Task objective: From the opening line of the records through the line bearing "pub mod RoundTrip", set down every line exactly.

[Saved entries]
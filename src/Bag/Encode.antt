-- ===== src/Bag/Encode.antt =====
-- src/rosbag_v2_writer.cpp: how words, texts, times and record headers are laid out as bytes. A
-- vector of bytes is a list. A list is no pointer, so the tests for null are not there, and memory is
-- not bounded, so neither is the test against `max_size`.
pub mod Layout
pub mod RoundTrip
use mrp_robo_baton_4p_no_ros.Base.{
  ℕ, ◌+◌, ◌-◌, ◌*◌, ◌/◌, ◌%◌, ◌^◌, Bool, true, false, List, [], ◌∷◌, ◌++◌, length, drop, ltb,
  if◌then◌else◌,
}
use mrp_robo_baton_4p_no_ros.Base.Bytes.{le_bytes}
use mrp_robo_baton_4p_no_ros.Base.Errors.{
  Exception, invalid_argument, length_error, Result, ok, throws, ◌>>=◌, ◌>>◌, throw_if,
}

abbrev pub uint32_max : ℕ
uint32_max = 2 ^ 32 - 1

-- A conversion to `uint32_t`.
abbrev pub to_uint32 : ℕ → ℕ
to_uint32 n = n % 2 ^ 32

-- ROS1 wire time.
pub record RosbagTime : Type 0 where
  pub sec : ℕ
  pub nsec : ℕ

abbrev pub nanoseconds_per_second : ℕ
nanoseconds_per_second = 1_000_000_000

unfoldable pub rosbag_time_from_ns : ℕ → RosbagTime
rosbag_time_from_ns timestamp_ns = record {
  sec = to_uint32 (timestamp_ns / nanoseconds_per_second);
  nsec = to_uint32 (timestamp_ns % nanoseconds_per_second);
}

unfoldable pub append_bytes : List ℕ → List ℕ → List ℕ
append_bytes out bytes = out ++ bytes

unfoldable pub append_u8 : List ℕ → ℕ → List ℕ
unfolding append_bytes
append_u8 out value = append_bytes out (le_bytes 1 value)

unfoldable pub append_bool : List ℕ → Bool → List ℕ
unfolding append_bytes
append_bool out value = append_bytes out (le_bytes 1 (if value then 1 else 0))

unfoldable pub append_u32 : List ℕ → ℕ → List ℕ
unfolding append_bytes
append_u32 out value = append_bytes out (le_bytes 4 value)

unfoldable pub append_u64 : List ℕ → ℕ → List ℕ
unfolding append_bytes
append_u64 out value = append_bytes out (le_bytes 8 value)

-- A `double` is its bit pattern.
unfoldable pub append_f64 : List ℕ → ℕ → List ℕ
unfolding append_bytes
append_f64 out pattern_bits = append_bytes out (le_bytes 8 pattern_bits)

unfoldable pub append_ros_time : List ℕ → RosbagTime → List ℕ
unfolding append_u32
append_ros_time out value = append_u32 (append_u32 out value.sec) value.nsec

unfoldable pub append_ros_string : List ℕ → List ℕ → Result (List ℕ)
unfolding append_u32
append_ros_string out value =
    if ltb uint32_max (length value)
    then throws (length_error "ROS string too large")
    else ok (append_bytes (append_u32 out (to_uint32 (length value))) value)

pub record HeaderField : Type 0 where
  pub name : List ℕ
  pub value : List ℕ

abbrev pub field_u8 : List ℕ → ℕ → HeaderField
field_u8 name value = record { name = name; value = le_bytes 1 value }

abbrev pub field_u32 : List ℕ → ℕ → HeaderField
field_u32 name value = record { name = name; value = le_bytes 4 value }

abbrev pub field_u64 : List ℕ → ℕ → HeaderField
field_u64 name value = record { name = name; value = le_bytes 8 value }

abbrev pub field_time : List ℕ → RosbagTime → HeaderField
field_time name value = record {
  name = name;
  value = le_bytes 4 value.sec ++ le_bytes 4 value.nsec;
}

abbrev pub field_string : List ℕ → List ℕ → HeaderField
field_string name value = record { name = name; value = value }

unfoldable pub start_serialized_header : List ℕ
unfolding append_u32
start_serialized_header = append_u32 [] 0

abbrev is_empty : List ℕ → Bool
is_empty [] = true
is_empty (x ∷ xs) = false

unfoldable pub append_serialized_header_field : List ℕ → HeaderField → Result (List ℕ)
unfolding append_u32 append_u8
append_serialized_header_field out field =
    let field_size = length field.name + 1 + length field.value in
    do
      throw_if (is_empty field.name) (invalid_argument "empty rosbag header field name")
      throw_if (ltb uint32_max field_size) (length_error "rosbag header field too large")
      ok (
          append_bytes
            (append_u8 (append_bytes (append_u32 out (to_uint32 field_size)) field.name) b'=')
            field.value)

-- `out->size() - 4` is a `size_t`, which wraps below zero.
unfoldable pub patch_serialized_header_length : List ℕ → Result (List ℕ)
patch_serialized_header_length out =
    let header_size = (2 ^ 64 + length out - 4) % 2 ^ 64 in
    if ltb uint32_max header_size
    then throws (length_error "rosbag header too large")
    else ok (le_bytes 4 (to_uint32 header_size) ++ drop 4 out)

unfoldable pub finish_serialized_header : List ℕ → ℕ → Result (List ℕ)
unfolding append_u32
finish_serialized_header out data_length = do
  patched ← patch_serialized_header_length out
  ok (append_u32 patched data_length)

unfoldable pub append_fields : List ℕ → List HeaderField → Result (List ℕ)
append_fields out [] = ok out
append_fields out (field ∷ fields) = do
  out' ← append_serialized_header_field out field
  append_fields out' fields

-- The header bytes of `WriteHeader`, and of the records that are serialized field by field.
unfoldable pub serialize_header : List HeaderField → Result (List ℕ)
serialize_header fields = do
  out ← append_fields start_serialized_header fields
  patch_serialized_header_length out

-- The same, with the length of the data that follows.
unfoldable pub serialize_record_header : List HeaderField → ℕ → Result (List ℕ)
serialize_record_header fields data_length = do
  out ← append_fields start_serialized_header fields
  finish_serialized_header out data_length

Exercise answer:
filename src/Bag/Encode.antt
-- ===== src/Bag/Encode.antt =====
-- src/rosbag_v2_writer.cpp: how words, texts, times and record headers are laid out as bytes. A
-- vector of bytes is a list. A list is no pointer, so the tests for null are not there, and memory is
-- not bounded, so neither is the test against `max_size`.
pub mod Layout
pub mod RoundTrip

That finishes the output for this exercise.